━━━━━ Listed records ━━━━━

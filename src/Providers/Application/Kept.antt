-- ===== src/Providers/Application/Kept.antt =====
-- Requests and decisions keep applications complete.
use Prim.Native.String.{String}
use raycarwash_project.Base.{
  ℕ, ◌≡◌, refl, inl, inr, Bool, true, false, not, ◌&&◌, ◌||◌, Option, none, some, List, [], ◌∷◌,
  arith, ◌==◌, leb, Bool-cases, if◌then◌else◌, All-append_one, any,
}
use raycarwash_project.Store.{Error, Result, ok, err, Result-cases}
use text.Mathlib.Text.{◌==◌ as str_eq}
use raycarwash_project.Admin.Roles.{Role}
use raycarwash_project.Rides.{scalar_one_or_none}
use raycarwash_project.Providers.Verification.{is_approved}
use raycarwash_project.Providers.Application.{
  ProviderProfile, ApplicationDb, ApplicationStatus, ActivateRequest, ProfileAudit,
  application_approved, suspended, verification_approved, verification_rejected, get_profile, save,
  is_radius, new_profile, reactivated, assign_once, upsert, activate, mode_switched,
  profile_updated, status_changed, application_submitted,
}
use raycarwash_project.Providers.Application.Requests.{
  UpdateRequest, in_range, assert_city, updated, update_profile, update, deactivate, toggle,
  set_accepting_bookings, missing, is_draft, application_of, submit_profile, submit_application,
}
use raycarwash_project.Providers.Application.Decisions.{
  is_approvable, is_suspendable, approve_detailer, suspend_detailer, approve_verification,
  reject_verification, reviewed,
}
use raycarwash_project.Providers.Application.Steps.{
  ApplicationStep, activates, updates, deactivates, sets_accepting, submits, approves, suspends,
  verifies, rejects, transact, serve, serve_all,
}
use raycarwash_project.Providers.Application.Complete.{
  Complete, AllComplete, save-Complete, get_profile-Complete, with_profile-Complete,
  with_row-Complete, missing-Complete, updated-Complete, reactivated-Complete,
}

upsert-Complete :
    (user : ℕ) (body : ActivateRequest) (d before : ApplicationDb)
    → is_radius body.service_radius_miles ≡ true
    → d.profiles ≡ before.profiles
    → AllComplete before
    → AllComplete (transact (upsert user body (get_profile user before) d) before)
upsert-Complete user body d before valid same h = go (get_profile user before) refl
  where
    here : AllComplete d
    here = rw same h

    go :
        (r : Result (Option ProviderProfile))
        → get_profile user before ≡ r
        → AllComplete (transact (upsert user body r d) before)
    go (err x) e = h
    go (ok none) e =
        All-append_one Complete d.profiles (new_profile d.next_id user body) here
          (λ late. absurd (ground (arith, late)))
    go (ok (some p)) e =
        save-Complete (reactivated body p) (mode_switched p.id user) d
          (reactivated-Complete body p valid (get_profile-Complete user p before e h)) here

assign_once-profiles :
    (user role : ℕ) (d : ApplicationDb) → (assign_once user role d).profiles ≡ d.profiles
assign_once-profiles user role d =
    elim (Bool-cases (any (λ u. u.user_id == user && u.role_id == role) d.user_roles)) [
      | inl e ↦ rw (e, assign_once) refl
      | inr e ↦ rw (e, assign_once) refl
    ]

activate-Complete :
    (user : ℕ) (body : ActivateRequest) (d : ApplicationDb)
    → AllComplete d
    → AllComplete (transact (activate user body d) d)
unfolding activate
activate-Complete user body d h = elim (Bool-cases (is_radius body.service_radius_miles)) [
  | inr bad ↦ rw (bad, activate, transact) h
  | inl valid ↦ go (scalar_one_or_none (λ r. str_eq r.name "detailer") d.roles) refl valid
]
  where
    go :
        (r : Result (Option Role))
        → scalar_one_or_none (λ r. str_eq r.name "detailer") d.roles ≡ r
        → is_radius body.service_radius_miles ≡ true
        → AllComplete (transact (activate user body d) d)
    go (err x) e valid = rw (valid, activate, e, transact) h
    go (ok none) e valid = rw (valid, activate, e, transact) h
    go (ok (some role)) e valid =
        rw (valid, activate, e)
          (upsert-Complete user body (assign_once user role.id d) d valid
            (assign_once-profiles user role.id d) h)

update-Complete :
    (user : ℕ) (body : UpdateRequest) (d : ApplicationDb)
    → AllComplete d
    → AllComplete (transact (update user body d) d)
unfolding update
update-Complete user body d h = elim (Bool-cases (in_range is_radius body.service_radius_miles)) [
  | inr bad ↦ rw (bad, update, transact) h
  | inl valid ↦ elim (Bool-cases (in_range (λ gallons. leb gallons 200) body.water_tank_gallons)) [
    | inr bad ↦ rw (valid, update, bad, transact) h
    | inl fits ↦
        rw (valid, update, fits)
          (with_profile-Complete user (λ p. update_profile user body p d) d
            (λ p good. one p good valid) h)
  ]
]
  where
    one :
        (p : ProviderProfile)
        → Complete p
        → in_range is_radius body.service_radius_miles ≡ true
        → AllComplete (transact (update_profile user body p d) d)
    one p good valid = elim (Result-cases (assert_city body.home_city_code d)) [
      | inr (e, x) ↦ rw (x, update_profile, transact) h
      | inl (u, x) ↦
          rw (x, update_profile, transact)
            (save-Complete (updated body p) (profile_updated p.id user) d
              (updated-Complete body p valid good) h)
    ]

set_accepting_bookings-Complete :
    (user : ℕ) (accepting : Bool) (d : ApplicationDb)
    → AllComplete d
    → AllComplete (transact (set_accepting_bookings user accepting d) d)
unfolding set_accepting_bookings
set_accepting_bookings-Complete user accepting d h =
    with_profile-Complete user (λ p. toggle user accepting p d) d one h
  where
    one : (p : ProviderProfile) → Complete p → AllComplete (transact (toggle user accepting p d) d)
    one p good = elim (Bool-cases (accepting && not (is_approved p.verification_status))) [
      | inl e ↦ rw (e, toggle, transact) h
      | inr e ↦
          elim (Bool-cases ((accepting && p.is_active) || (not accepting && not p.is_active))) [
            | inl f ↦ rw (e, toggle, f, transact) h
            | inr f ↦
                rw (e, toggle, f, transact)
                  (save-Complete (record p { is_active = accepting }) (status_changed p.id user) d
                    good h)
          ]
    ]

submit_application-Complete :
    (now user : ℕ) (d : ApplicationDb)
    → AllComplete d
    → AllComplete (transact (submit_application now user d) d)
unfolding submit_application
submit_application-Complete now user d h =
    with_profile-Complete user (λ p. submit_profile now user p d) d one h
  where
    labels :
        (p : ProviderProfile) (xs : List String)
        → missing p ≡ xs
        → is_draft p.application_status ≡ true
        → AllComplete (transact (submit_profile now user p d) d)
    labels p [] e is =
        rw (is, submit_profile, e, transact)
          (save-Complete (application_of now p) (application_submitted p.id user) d
            (missing-Complete p now e) h)
    labels p (x ∷ xs) e is = rw (is, submit_profile, e, transact) h

    one :
        (p : ProviderProfile) → Complete p → AllComplete (transact (submit_profile now user p d) d)
    one p good = elim (Bool-cases (is_draft p.application_status)) [
      | inr e ↦ rw (e, submit_profile, transact) h
      | inl e ↦ labels p (missing p) refl e
    ]

-- A decision on a row that it finds past the draft.
decided-Complete :
    (b : Bool) (p row : ProviderProfile) (line : ProfileAudit) (e : Error) (d : ApplicationDb)
    → (b ≡ true → Complete row)
    → AllComplete d
    → AllComplete (transact (if b then (ok tt, save row line d) else (err e, d)) d)
decided-Complete true p row line e d good h = save-Complete row line d (good refl) h
decided-Complete false p row line e d good h = h

approvable-late : (s : ApplicationStatus) → is_approvable s ≡ true → is_draft s ≡ false
approvable-late s h = ground (arith, h)

suspendable-late : (s : ApplicationStatus) → is_suspendable s ≡ true → is_draft s ≡ false
suspendable-late s h = ground (arith, h)

serve-Complete : (a : ApplicationStep) (d : ApplicationDb) → AllComplete d → AllComplete (serve a d)
unfolding deactivate approve_detailer suspend_detailer approve_verification reject_verification
serve-Complete (activates user body) d h = activate-Complete user body d h
serve-Complete (updates user body) d h = update-Complete user body d h
serve-Complete (deactivates user) d h =
    with_profile-Complete user
      (λ p. (ok tt, save (record p { is_active = false }) (status_changed p.id user) d)) d
      (λ p good. save-Complete (record p { is_active = false }) (status_changed p.id user) d good h)
      h
serve-Complete (sets_accepting user accepting) d h =
    set_accepting_bookings-Complete user accepting d h
serve-Complete (submits now user) d h = submit_application-Complete now user d h
serve-Complete (approves now id actor note) d h =
    with_row-Complete id _ d
      (λ p good.
        decided-Complete (is_approvable p.application_status) p
          (reviewed application_approved now none p) _ _ d
          (λ can late. good (approvable-late p.application_status can)) h)
      h
serve-Complete (suspends now id actor reason) d h =
    with_row-Complete id _ d
      (λ p good.
        decided-Complete (is_suspendable p.application_status) p
          (reviewed suspended now (some reason) p) _ _ d
          (λ can late. good (suspendable-late p.application_status can)) h)
      h
serve-Complete (verifies now id actor note) d h =
    with_row-Complete id _ d (λ p good. save-Complete _ (verification_approved id actor) d good h) h
serve-Complete (rejects now id actor reason) d h =
    with_row-Complete id _ d (λ p good. save-Complete _ (verification_rejected id actor) d good h) h

-- If every profile whose application has left the draft has a legal name, a date of birth, the digits of
-- a social security number, a city, a radius, a water tank, a list of services and the consent, that is
-- so after any sequence of activations, updates, submissions, switches and decisions of administrators,
-- whether they succeed or fail.
pub serve_all-Complete :
    (rs : List ApplicationStep) (d : ApplicationDb) → AllComplete d → AllComplete (serve_all rs d)
serve_all-Complete [] d h = h
serve_all-Complete (a ∷ rs) d h = serve_all-Complete rs (serve a d) (serve-Complete a d h)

━━━━━

Prompt:
Would you copy, unchanged, the stretch of the records above that begins at the line containing "update_profile, transact) h" and ends at the line containing "p.application_status ≡ true", and only that?

Response area:
      | inr (e, x) ↦ rw (x, update_profile, transact) h
      | inl (u, x) ↦
          rw (x, update_profile, transact)
            (save-Complete (updated body p) (profile_updated p.id user) d
              (updated-Complete body p valid good) h)
    ]

set_accepting_bookings-Complete :
    (user : ℕ) (accepting : Bool) (d : ApplicationDb)
    → AllComplete d
    → AllComplete (transact (set_accepting_bookings user accepting d) d)
unfolding set_accepting_bookings
set_accepting_bookings-Complete user accepting d h =
    with_profile-Complete user (λ p. toggle user accepting p d) d one h
  where
    one : (p : ProviderProfile) → Complete p → AllComplete (transact (toggle user accepting p d) d)
    one p good = elim (Bool-cases (accepting && not (is_approved p.verification_status))) [
      | inl e ↦ rw (e, toggle, transact) h
      | inr e ↦
          elim (Bool-cases ((accepting && p.is_active) || (not accepting && not p.is_active))) [
            | inl f ↦ rw (e, toggle, f, transact) h
            | inr f ↦
                rw (e, toggle, f, transact)
                  (save-Complete (record p { is_active = accepting }) (status_changed p.id user) d
                    good h)
          ]
    ]

submit_application-Complete :
    (now user : ℕ) (d : ApplicationDb)
    → AllComplete d
    → AllComplete (transact (submit_application now user d) d)
unfolding submit_application
submit_application-Complete now user d h =
    with_profile-Complete user (λ p. submit_profile now user p d) d one h
  where
    labels :
        (p : ProviderProfile) (xs : List String)
        → missing p ≡ xs
        → is_draft p.application_status ≡ true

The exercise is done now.